Despite default fears and “cockroach” alerts, investors still see private credit as essential
MARKET INSIDER – Private credit is once again testing investors’ nerve — and winning. Even as high-profile warnings about hidden risks, looser underwriting and borrower stress grow louder, global capital continues to flood into the once-niche asset class, underscoring how deeply private credit has embedded itself in modern finance.
The debate intensified after JPMorgan CEO Jamie Dimon warned that risks in private credit were “hiding in plain sight,” likening them to “cockroaches” that would surface when economic conditions worsen. The collapse of U.S. auto-parts maker First Brands Group last year became a case study for critics, highlighting how aggressive leverage quietly accumulated during years of cheap money. Yet rather than retreat, investors appear to be doubling down.
Fundraising momentum tells the story. KKR recently closed $2.5 billion for its Asia Credit Opportunities Fund II, while TPG raised over $6 billion for its latest flagship credit fund, far exceeding targets. Neuberger Berman and Granite Asia also reported strong demand, with backing from sovereign investors such as Temasek. The message from institutions is clear: private credit is no longer a tactical trade — it is a strategic allocation.
Wall Street’s own stance reflects this shift. While Dimon raised alarms publicly, JPMorgan’s Alternative Investments Outlook argues that demand remains underpinned by structural forces. Middle-market companies, infrastructure developers and asset-backed borrowers still need capital, even as banks retreat.
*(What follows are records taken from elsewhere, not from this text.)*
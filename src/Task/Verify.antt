-- ===== src/Task/Verify.antt =====
-- The VERIFY case of runPhases in internal/task/phases.go: one turn of the driver in that phase, with
-- the recipes run, the rerun that tells a flaky failure from a real one, the scope, the acceptance
-- and the ladder of repairs. What the turn asks of the world (the runs, git, the search for
-- consumers of changed signatures) is the record `World`, one answer for each call.
pub mod Evidence
pub mod Bounds
use local_engineer.Prelude.{
  ℕ, suc, Bool, true, false, not, ◌&&◌, ◌||◌, List, [], ◌∷◌, ◌++◌, Option, none, some, leb, ltb,
  if◌then◌else◌, any, keep, map, is_empty,
}
use local_engineer.GoStrings.{Text, codes, text_eq}
use local_engineer.Graph.{Impact}
use local_engineer.Policy.{PolicySet, check}
use local_engineer.Firewall.{generated}
use local_engineer.Recipe.{Status, Kind, Preset, RunResult, lookup}
use local_engineer.Recipe.Acceptance.{
  Reason, changed_nothing, outside_scope, run_failed, check_presets, failed_only,
}
use local_engineer.Workflow.{Phase, transition}
use local_engineer.Workflow.Plan.{Plan, regenerates_generated}
use local_engineer.Workflow.Failure.{
  FailureClass, FailureRecord, environmental, regression, classify, times_seen,
}
use local_engineer.Task.{State}

-- `Transcript`: how many messages it holds, whether a batch of tool calls is pending, and the
-- candidate that it was saved on.
pub record Transcript : Type 0 where
  pub messages : ℕ
  pub pending : Bool
  pub candidate : Text

-- `Transcript{}`.
abbrev pub no_transcript : Transcript
no_transcript = record { messages = 0; pending = false; candidate = [] }

-- What the driver reads and writes of `workflow.State`.
pub record Work : Type 0 where
  pub phase : Phase
  pub candidate : Text
  pub finalization_candidate : Text
  pub attempts : ℕ
  pub replans : ℕ
  pub verify_loops : ℕ
  pub regressions : ℕ
  pub plan : Plan
  pub presets : List Preset
  pub baseline : List RunResult
  pub results : List RunResult
  pub feedback : List RunResult
  pub failures : List (Text × ℕ)
  pub failure_history : List FailureRecord
  pub impact : Option Impact
  pub edit : Transcript

-- The answers of the world; `none` is an error. `obligations` holds a finding for each consumer of a
-- changed signature that the change leaves behind, and `impact_of_change` the report that they are from.
pub record World : Type 0 where
  pub run : Option (List RunResult)
  pub rerun : Option (List RunResult)
  pub candidate_after : Option Text
  pub out_of_scope : Option (List Text)
  pub changed : Option (List Text)
  pub obligations : Option (List RunResult)
  pub impact_of_change : Option Impact
  pub resets : Bool
  pub saves : Bool
  pub policies : PolicySet
  pub max_attempts : ℕ
  pub fingerprint_of : RunResult → Text × List Text
  pub finding : List Reason → RunResult

pub data Why : Type 0 where
  no_time no_tokens : Why
  presets_unknown index_stale environment prefix_unknown : Why
  localization_failed grant_denied drifted_transcript attempts_exhausted : Why
  engine_failed not_declared_done loops_exhausted obligations_unknown : Why
  replans_exhausted repairs_exhausted review_failed review_rejected : Why
  candidate_changed card_failed secret_in_diff rejected_at_gate awaiting_approval commit_failed :
      Why
  not_moved finalized : Why

-- How a turn ends: an error of the driver, a stop in some state of the task, or the next phase.
pub data Turn : Type 0 where
  crashed : Turn
  stopped : State → Why → Work → Turn
  moved : Work → Turn

-- `move`.
unfoldable pub move : World → Phase → Work → Turn
move v next w = elim (transition w.phase next) [
  | some e ↦ stopped State.blocked not_moved w
  | none ↦ if v.saves then moved (record w { phase = next }) else stopped State.blocked not_moved w
]

-- The failures of the first run that did not come back.
unfoldable pub flaky_records : World → Work → List RunResult → List FailureRecord
flaky_records v w [] = []
flaky_records v w (r ∷ rs) =
    record (classify v.fingerprint_of r w.baseline w.failures) { class = FailureClass.flaky }
    ∷ flaky_records v w rs

unfoldable pub bump : Text → List (Text × ℕ) → List (Text × ℕ)
bump fp [] = (fp, 1) ∷ []
bump fp ((k, n) ∷ m) = if text_eq k fp then (k, suc n) ∷ m else (k, n) ∷ bump fp m

-- The loop over the failures: what it leaves in the state, and whether to localize again.
unfoldable pub count_failures : World → List RunResult → Work → Work × Bool
count_failures v [] w = (w, false)
count_failures v (r ∷ rs) w =
    let fp = (v.fingerprint_of r).0 in
    let counted = bump fp w.failures in
    let (w', again) = count_failures v rs (record w {
      failure_history = w.failure_history ++ classify v.fingerprint_of r w.baseline w.failures ∷ [];
      failures = counted;
      regressions = if regression r w.baseline then suc w.regressions else w.regressions;
    }) in
    (w', leb 3 (times_seen (lookup fp counted)) || again)

-- Localize again, within the bound on replans.
unfoldable pub localize_again : World → Work → Turn
localize_again v w =
    if leb 2 w.replans
    then stopped State.failed replans_exhausted w
    else if v.resets
    then move v Phase.localize (record w { replans = suc w.replans })
    else crashed

-- The turn after a candidate that is not accepted.
unfoldable pub repair : World → List Reason → Work → Turn
repair v reasons w =
    let feedback = if is_empty w.feedback then v.finding reasons ∷ [] else w.feedback in
    let (w', again) = count_failures v feedback (record w { feedback = feedback }) in
    if ltb 2 w'.regressions || leb v.max_attempts w'.attempts
    then if v.resets then stopped State.failed repairs_exhausted w' else crashed
    else if again
    then localize_again v (record w' { edit = no_transcript })
    else move v Phase.edit (record w' { edit = no_transcript })

-- The turn after a candidate that is accepted.
unfoldable pub accept : World → Work → Turn
accept v w = elim v.obligations [
  | none ↦ stopped State.blocked obligations_unknown w
  | some [] ↦ move v Phase.review w
  | some (f ∷ fs) ↦
      let w' = record w { feedback = w.feedback ++ f ∷ fs; impact = v.impact_of_change } in
      if leb 2 w'.replans
      then stopped State.failed replans_exhausted w'
      else move v Phase.planning (record w' { replans = suc w'.replans })
]

-- The paths outside the plan: generated ones do not count where the plan runs a generator, and every
-- path that a policy protects does.
unfoldable pub strays : World → Plan → List Text → List Text → List Text
strays v p outside changed =
    (if regenerates_generated p then keep (λ f. not (generated f)) outside else outside)
    ++ map (λ x. x.path) (check v.policies changed)

unfoldable pub run_reasons : List RunResult → List Reason
run_reasons [] = []
run_reasons (r ∷ rs) = run_failed r.recipe r.summary.headline ∷ run_reasons rs

-- `accepted`, with the assignments that take it back.
unfoldable pub acceptable : World → Work → List Text → List Text → Bool
acceptable v w outside changed =
    (check_presets w.presets w.results w.candidate).0
    && not (is_empty changed)
    && is_empty (strays v w.plan outside changed)
    && is_empty (failed_only w.results)

unfoldable pub reasons_for : World → Work → List Text → List Text → List Reason
reasons_for v w outside changed =
    (check_presets w.presets w.results w.candidate).1
    ++ (if is_empty changed then changed_nothing ∷ [] else [])
    ++ (if is_empty (strays v w.plan outside changed) then [] else outside_scope ∷ [])
    ++ run_reasons (failed_only w.results)

unfoldable pub decide : World → Work → List Text → List Text → Turn
decide v w outside changed =
    if acceptable v w outside changed
    then accept v w
    else repair v (reasons_for v w outside changed) w

-- The decision, from the results that the turn has settled on.
unfoldable pub judge : World → Work → Turn
judge v w = elim v.out_of_scope [
  | none ↦ crashed
  | some outside ↦ elim v.changed [ none ↦ crashed | some changed ↦ decide v w outside changed ]
]

-- The rerun of a failing verification on the unchanged candidate.
unfoldable pub run_again : World → Work → Turn
run_again v w = elim v.rerun [
  | none ↦ crashed
  | some rerun ↦
      if any environmental rerun
      then stopped State.blocked environment w
      else elim v.candidate_after [
        | none ↦ crashed
        | some after ↦
            if text_eq after w.candidate && is_empty (failed_only rerun)
            then judge v (record w {
              failure_history = w.failure_history ++ flaky_records v w w.feedback;
              results = rerun;
              feedback = [];
            })
            else judge v w
      ]
]

-- One turn in VERIFY.
unfoldable pub verify : World → Work → Turn
verify v w = if leb 4 w.verify_loops then stopped State.failed loops_exhausted w else elim v.run [
  | none ↦ crashed
  | some results ↦
      let w' = record w { verify_loops = suc w.verify_loops; results = results } in
      if any environmental results
      then stopped State.blocked environment w'
      else let w'' = record w' { feedback = failed_only results } in
        if not (is_empty w''.feedback) && ltb w''.verify_loops 4
        then run_again v (record w'' { verify_loops = suc w''.verify_loops })
        else judge v w''
]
According to Goldman Sachs, private credit has grown into a multi-trillion-dollar market and is now a core holding for pensions, insurers and endowments that once treated it as an exotic alternative.
That retreat by banks is critical context. Post-2008 regulatory reforms made leveraged and bespoke lending more expensive for traditional lenders, opening a gap that private credit funds have eagerly filled. The result is a parallel lending system that many investors now view as indispensable to economic growth — even if it carries risks that are harder to spot in opaque private markets.
Those risks are becoming more visible. Goldman Sachs estimates that around 15% of private-credit borrowers no longer generate enough cash to fully service interest payments, with many others operating on thin margins. Higher rates have exposed fragile balance sheets, and even anticipated rate cuts are unlikely to solve deeper structural weaknesses. Morningstar has also warned of worsening credit profiles heading into 2026.
Crucially, the strain is not uniform. While U.S. and European markets show signs of leverage creep and covenant erosion, Asia tells a different story. Granite Asia’s Ming Eng argues the region remains conservative, dominated by founder-led and family-owned businesses with lower leverage and stronger covenants. In a crowded global market, that divergence may prove decisive.
The paradox of private credit is now unmistakable: the louder the warnings, the more investors seem convinced they cannot afford to ignore it. Whether today’s confidence proves prescient or complacent may determine if Dimon’s “cockroaches” stay hidden — or become the defining financial story of the next downturn.